*** Opening of RECORDS PROVIDED ***

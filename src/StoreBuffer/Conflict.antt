-- ===== src/StoreBuffer/Conflict.antt =====
-- The conservative test `has_older_store_to` against the answers of `forward_load`.
use mathlib.Core.List.{reverse-append}
use rvsim.Base.{
  ℕ, ◌≡◌, inl, inr, refl, sym, ap, ◌∙◌, Bool, true, false, ◌&&◌, ◌||◌, List, [], ◌∷◌, ◌++◌, reverse,
  none, arith, if◌then◌else◌, Bool-cases, ◌==◌, ==_iff,
}
use rvsim.Circular.{scan, scan_back, back}
use rvsim.Circular.Window.{scan_back-eq-reverse}
use rvsim.Signals.{MemWidth}
use rvsim.RobTag.{RobTag, is_older_than}
use rvsim.StoreBuffer.{
  StoreBuffer, StoreBufferEntry, ForwardResult, miss, StoreResolution, pending, ready, committed,
  cancelled, sb_capacity, stores, default_store, any_store, older_store, may_overlap, is_pending,
  forward_test, or_else, forward_loop, forward_load, has_older_store_to,
  has_unresolved_store_before,
}
use rvsim.StoreBuffer.Inv.{IsSound}

any_store-append :
    (p : StoreBufferEntry → Bool) (xs ys : List StoreBufferEntry)
    → any_store p (xs ++ ys) ≡ (any_store p xs || any_store p ys)
any_store-append p [] ys = refl
any_store-append p (x ∷ xs) ys = ground (arith, any_store-append p xs ys)

any_store-reverse :
    (p : StoreBufferEntry → Bool) (es : List StoreBufferEntry)
    → any_store p (reverse es) ≡ any_store p es
any_store-reverse p [] = refl
any_store-reverse p (e ∷ es) =
    ap (any_store p) (reverse-append (e ∷ []) es)
    ∙ any_store-append p (reverse es) (e ∷ [])
    ∙ ground (arith, any_store-reverse p es)

module _ (load : ℕ) (w : MemWidth) (t : RobTag) where
  abbrev conflicts : StoreBufferEntry → Bool
  conflicts e = older_store t e && may_overlap load w e

  abbrev unresolved : StoreBufferEntry → Bool
  unresolved e = e.valid && is_older_than e.rob_tag t && is_pending e.resolution

  abbrev with_state : StoreBufferEntry → StoreResolution → StoreBufferEntry
  with_state e s = record e { resolution = s }

  test_apart :
      (e : StoreBufferEntry) (s : StoreResolution)
      → may_overlap load w (with_state e s) ≡ false
      → forward_test load w (with_state e s) ≡ none
  test_apart e pending h = cc
  test_apart e (ready a d) h = rw h
  test_apart e (committed a d) h = rw h
  test_apart e cancelled h = refl

  test_answers :
      (e : StoreBufferEntry) (s : StoreResolution) (rest : ForwardResult)
      → may_overlap load w (with_state e s) ≡ true
      → is_pending s ≡ false
      → or_else (forward_test load w (with_state e s)) rest ≡ miss
      → ⊥
  test_answers e pending rest h p m = cc
  test_answers e (ready a d) rest h p m = ground (arith, h)
  test_answers e (committed a d) rest h p m = ground (arith, h)
  test_answers e cancelled rest h p m = cc

  loop-miss :
      (es : List StoreBufferEntry)
      → any_store conflicts es ≡ false
      → forward_loop load w t es ≡ miss
  unfolding forward_loop
  loop-miss [] h = refl
  loop-miss (e ∷ es) h = ground (arith, loop-miss es, test_apart e e.resolution)

  miss-loop :
      (es : List StoreBufferEntry)
      → any_store unresolved es ≡ false
      → forward_loop load w t es ≡ miss
      → any_store conflicts es ≡ false
  unfolding forward_loop
  miss-loop [] h m = refl
  miss-loop (e ∷ es) h m =
      ground (arith, miss-loop es, test_answers e e.resolution (forward_loop load w t es))

-- The early return on an empty buffer.
guarded :
    (sb : StoreBuffer) (p : StoreBufferEntry → Bool)
    → any_store p (stores sb) ≡ (if sb.count == 0 then false else any_store p (stores sb))
guarded sb p = elim (Bool-cases (sb.count == 0)) [
  | inl empty ↦
      rw (empty, if◌then◌else◌)
        (ap (λ n. any_store p (scan default_store sb.entries (sb_capacity sb) sb.head n))
          ((==_iff sb.count 0).0 empty))
  | inr more ↦ rw (more, if◌then◌else◌)
]

back-eq-reverse :
    (sb : StoreBuffer)
    → IsSound sb
    → scan_back default_store sb.entries (sb_capacity sb) (back (sb_capacity sb) sb.tail) sb.count
      ≡ reverse (stores sb)
back-eq-reverse sb v =
    ap (λ i. scan_back default_store sb.entries (sb_capacity sb) (back (sb_capacity sb) i) sb.count)
      v.tail_eq
    ∙ scan_back-eq-reverse default_store (sb_capacity sb) sb.head v.head_lt sb.entries sb.count
        v.count_le

-- A load that `has_older_store_to` lets pass misses in `forward_load`. Conversely, when no older store
-- is unresolved, a load that misses passes.
pub has_older_store_to-forward_load :
    (sb : StoreBuffer) (load : ℕ) (w : MemWidth) (t : RobTag)
    → IsSound sb
    → (has_older_store_to sb load w t ≡ false → forward_load sb load w t ≡ miss)
      × (has_unresolved_store_before sb t ≡ false
          → forward_load sb load w t ≡ miss
          → has_older_store_to sb load w t ≡ false)
unfolding has_older_store_to has_unresolved_store_before forward_load
has_older_store_to-forward_load sb load w t v =
    let same = back-eq-reverse sb v in
    (
      λ apart.
          ap (forward_loop load w t) same
          ∙ loop-miss load w t (reverse (stores sb)) (
              any_store-reverse (conflicts load w t) (stores sb)
              ∙ guarded sb (conflicts load w t)
              ∙ apart),
      λ known missed.
          sym (guarded sb (conflicts load w t))
          ∙ sym (any_store-reverse (conflicts load w t) (stores sb))
          ∙ miss-loop load w t (reverse (stores sb))
              (any_store-reverse (unresolved load w t) (stores sb)
                ∙ guarded sb (unresolved load w t)
                ∙ known)
              (ap (forward_loop load w t) (sym same) ∙ missed),
    )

*** Close of RECORDS PROVIDED ***

*YOUR ASSIGNMENT*
Reproduce the records above exactly, from the first line through the line containing "(p : StoreBufferEntry → Bool) (xs", and output nothing else.

*RESULT FOR THIS TASK*
filename src/StoreBuffer/Conflict.antt
-- ===== src/StoreBuffer/Conflict.antt =====
-- The conservative test `has_older_store_to` against the answers of `forward_load`.
use mathlib.Core.List.{reverse-append}
use rvsim.Base.{
  ℕ, ◌≡◌, inl, inr, refl, sym, ap, ◌∙◌, Bool, true, false, ◌&&◌, ◌||◌, List, [], ◌∷◌, ◌++◌, reverse,
  none, arith, if◌then◌else◌, Bool-cases, ◌==◌, ==_iff,
}
use rvsim.Circular.{scan, scan_back, back}
use rvsim.Circular.Window.{scan_back-eq-reverse}
use rvsim.Signals.{MemWidth}
use rvsim.RobTag.{RobTag, is_older_than}
use rvsim.StoreBuffer.{
  StoreBuffer, StoreBufferEntry, ForwardResult, miss, StoreResolution, pending, ready, committed,
  cancelled, sb_capacity, stores, default_store, any_store, older_store, may_overlap, is_pending,
  forward_test, or_else, forward_loop, forward_load, has_older_store_to,
  has_unresolved_store_before,
}
use rvsim.StoreBuffer.Inv.{IsSound}

any_store-append :
    (p : StoreBufferEntry → Bool) (xs ys : List StoreBufferEntry)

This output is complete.